• **WHAT THE TASK REQUIRES**:
Search the records for the word "backend" and copy every line in which it occurs.

• **SUPPLIED DATA**:
-- ===== src/Api/RateLimit/Window.antt =====
-- The requests that one window of backend/api/middleware/rate_limit.py lets pass.
use text.Mathlib.Text.{◌==◌}
use text.Mathlib.TextPositions.{eq_refl}
use mathlib.Core.Path.{subst}
use lumina_ai.Prelude.{
  ℕ, suc, ◌+◌, ◌-◌, ◌≤◌, ◌<◌, ◌≡◌, ◌⊎◌, inl, inr, refl, sym, String, false, ◌&&◌, none, some, List,
  [], ◌∷◌, min, leb, arith, if◌then◌else◌, Bool-cases, eq_iff,
}
use lumina_ai.Prelude.Int.{ℤ, pos, ◌+ℤ◌}
use lumina_ai.Redis.{Counters}
use lumina_ai.Api.RateLimit.{within, key_ttl}

module _ (r : Counters) (key : String) where
  open r use {
    incrby,
    get_incrby,
    ttl_incrby,
    cache.{Store, get, ttl, expire, elapse, get_expire, ttl_expire, get_elapse, ttl_elapse},
  }

  -- `n` requests were counted under the key, which lives for more than `left` seconds.
  abbrev pub Counted : ℕ → ℕ → Store → Type 0
  Counted n left s =
      ((n ≡ 0) × (get s key ≡ none) × (left < key_ttl))
      ⊎ ((0 < n) × ((get s key ≡ some (pos n)) × ((t : ℕ) × ((ttl s key ≡ some t) × (left < t)))))

  Counted-elapse :
      (n left d : ℕ) (s : Store) → d ≤ left → Counted n left s → Counted n (left - d) (elapse s d)
  Counted-elapse n left d s short (inl (zero_n, missing, small)) =
      inl (zero_n, ground (arith, get_elapse s d key, missing), omega arith)
  Counted-elapse n left d s short (inr (some_n, (there, (t, (life, long))))) = inr (
    some_n,
    (
      ground (arith, get_elapse s d key, there, life),
      (t - d, (ground (arith, ttl_elapse s d key, life), omega arith)),
    ),
  )

  -- A request of another key.
  Counted-other :
      (n left : ℕ) (k : String) (limit : ℤ) (s : Store)
      → (k == key) ≡ false
      → Counted n left s
      → Counted n left (within r k limit s).1
  unfolding within
  Counted-other n left k limit s other (inl (zero_n, missing, small)) = inl (
    zero_n,
    ground (arith, get_incrby s k (pos 1) key, get_expire (incrby s k (pos 1)) k key_ttl key),
    small,
  )
  Counted-other n left k limit s other (inr (some_n, (there, (t, (life, long))))) = inr (
    some_n,
    (
      ground (arith, get_incrby s k (pos 1) key, get_expire (incrby s k (pos 1)) k key_ttl key),
      (
        t,
        (
          ground (arith, ttl_incrby s k (pos 1) key, ttl_expire (incrby s k (pos 1)) k key_ttl key),
          long,
        ),
      ),
    ),
  )

  -- A request of the key itself.
  Counted-own :
      (n left limit : ℕ) (s : Store)
      → Counted n left s
      → ((within r key (pos limit) s).0 ≡ leb (suc n) limit)
        × Counted (suc n) left (within r key (pos limit) s).1
  unfolding within ◌+ℤ◌
  Counted-own n left limit s (inl (zero_n, missing, small)) =
      let counted = incrby s key (pos 1) in
      let value = get_incrby s key (pos 1) key in
      let same = eq_refl key in
      (
        ground (arith, value, same),
        inr (
          omega arith,
          (
            ground (arith, value, same, get_expire counted key key_ttl key),
            (key_ttl, (ground (arith, value, same, ttl_expire counted key key_ttl key), small)),
          ),
        ),
      )
  Counted-own n left limit s (inr (some_n, (there, (t, (life, long))))) =
      let counted = incrby s key (pos 1) in
      let value = get_incrby s key (pos 1) key in
      let same = eq_refl key in
      (
        ground (arith, value, same),
        inr (
          omega arith,
          (
            ground (arith, value, same, get_expire counted key key_ttl key),
            (
              t,
              (
                ground (
                  arith,
                  value,
                  same,
                  ttl_incrby s key (pos 1) key,
                  ttl_expire counted key key_ttl key,
                ),
                long,
              ),
            ),
          ),
        ),
      )

  -- Requests in their order, each so many seconds after the one before, with its key: how many of
  -- those of the key pass.
  unfoldable pub passes : ℤ → List (ℕ × String) → Store → ℕ
  unfolding within
  passes limit [] s = 0
  passes limit ((d, k) ∷ hits) s =
      let (allowed, next) = within r k limit (elapse s d) in
      (if k == key && allowed then 1 else 0) + passes limit hits next

abbrev pub seconds : List (ℕ × String) → ℕ
seconds [] = 0
seconds ((d, k) ∷ hits) = d + seconds hits

abbrev pub hits_of : String → List (ℕ × String) → ℕ
hits_of key [] = 0
hits_of key ((d, k) ∷ hits) = (if k == key then 1 else 0) + hits_of key hits

module _ (r : Counters) (key : String) (limit : ℕ) where
  open r use {cache.{Store, get, elapse}}

  passes_from :
      (n left : ℕ) (hits : List (ℕ × String)) (s : Store)
      → Counted r key n left s
      → seconds hits ≤ left
      → passes r key (pos limit) hits s ≡ min (limit - n) (hits_of key hits)
  unfolding passes
  passes_from n left [] s counted short = omega arith
  passes_from n left ((d, k) ∷ hits) s counted short =
      let then_counted = Counted-elapse r key n left d s (omega arith) counted in
      elim (Bool-cases (k == key)) [
        | inl own ↦
            let same : k ≡ key = (eq_iff k key).0 own in
            let (allowed, next_counted) =
              Counted-own r key n (left - d) limit (elapse s d) then_counted in
            let next = (within r key (pos limit) (elapse s d)).1 in
            let rest = passes_from (suc n) (left - d) hits next next_counted (omega arith) in
            let itself = eq_refl key in
            subst
              (λ x.
                passes r key (pos limit) ((d, x) ∷ hits) s
                ≡ min (limit - n) (hits_of key ((d, x) ∷ hits)))
              (sym same) (ground (arith, itself, allowed, rest))
        | inr other ↦
            let next_counted =
              Counted-other r key n (left - d) k (pos limit) (elapse s d) other then_counted in
            let next = (within r k (pos limit) (elapse s d)).1 in
            let rest = passes_from n (left - d) hits next next_counted (omega arith) in
            ground (arith, other, rest)
      ]

  -- From a key that was never counted on, requests that arrive within 120 seconds, such as those of
  -- one window, pass as long as there are no more than the limit: of those of the key exactly the
  -- limit passes if there are more, whatever requests of other keys come between.
  pub passes_exact :
      (hits : List (ℕ × String)) (s : Store)
      → get s key ≡ none
      → seconds hits < key_ttl
      → passes r key (pos limit) hits s ≡ min limit (hits_of key hits)
  passes_exact hits s unused short =
      let e = passes_from 0 (seconds hits) hits s (inl (refl, unused, short)) (omega arith) in
      omega (arith, e)
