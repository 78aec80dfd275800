-- ===== src/Conversation.antt =====
-- The turn of a conversation, backend/services/conversation.
pub mod Turn
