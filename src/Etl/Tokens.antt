-- ===== src/Etl/Tokens.antt =====
-- backend/etl/tokens.py: the estimate of the number of tokens of a text.
use lumina_ai.Prelude.{
  ℕ, ◌+◌, ◌*◌, ◌/◌, ◌-◌, ◌≤◌, ◌≡◌, Bool, ◌||◌, ◌&&◌, [], ◌∷◌, ◌++◌, arith, leb, length,
  if◌then◌else◌, length-append,
}
use lumina_ai.Prelude.Texts.{Text}

-- `_CJK_RANGES`.
unfoldable pub is_cjk : ℕ → Bool
is_cjk c =
    (leb 0x3000 c && leb c 0x303f)
    || (leb 0x3040 c && leb c 0x30ff)
    || (leb 0x3400 c && leb c 0x4dbf)
    || (leb 0x4e00 c && leb c 0x9fff)
    || (leb 0xac00 c && leb c 0xd7af)
    || (leb 0xf900 c && leb c 0xfaff)
    || (leb 0xff00 c && leb c 0xffef)

abbrev pub chars_per_token : ℕ
chars_per_token = 4

pub count_cjk : Text → ℕ
count_cjk [] = 0
count_cjk (c ∷ t) = (if is_cjk c then 1 else 0) + count_cjk t

-- The other characters count a quarter each, rounded up; an empty text counts 0 either way.
unfoldable pub estimate_tokens : Text → ℕ
unfolding count_cjk is_cjk
estimate_tokens t =
    let cjk = count_cjk t in cjk + (length t - cjk + (chars_per_token - 1)) / chars_per_token

pub count_cjk-le : (t : Text) → count_cjk t ≤ length t
unfolding count_cjk
count_cjk-le [] = omega arith
count_cjk-le (c ∷ t) = ground (arith, count_cjk-le t)

count_cjk-append : (t u : Text) → count_cjk (t ++ u) ≡ count_cjk t + count_cjk u
unfolding count_cjk
count_cjk-append [] u = omega arith
count_cjk-append (c ∷ t) u = omega (arith, count_cjk-append t u)

-- The estimate lies between a quarter of the characters and all of them; that of a joined text is
-- at least that of each part, and at most their sum.
pub estimate_tokens_bounds :
    (t u : Text)
    → (length t ≤ chars_per_token * estimate_tokens t)
      × (estimate_tokens t ≤ length t)
      × (estimate_tokens t ≤ estimate_tokens (t ++ u))
      × (estimate_tokens (t ++ u) ≤ estimate_tokens t + estimate_tokens u)
unfolding estimate_tokens
estimate_tokens_bounds t u =
    let a = count_cjk-le t in
    let b = count_cjk-le u in
    let c = count_cjk-append t u in let d = length-append t u in omega (arith, a, b, c, d)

• **EXERCISE SOLUTION**:
-- The requests that one window of backend/api/middleware/rate_limit.py lets pass.
-- The turn of a conversation, backend/services/conversation.
-- backend/etl/tokens.py: the estimate of the number of tokens of a text.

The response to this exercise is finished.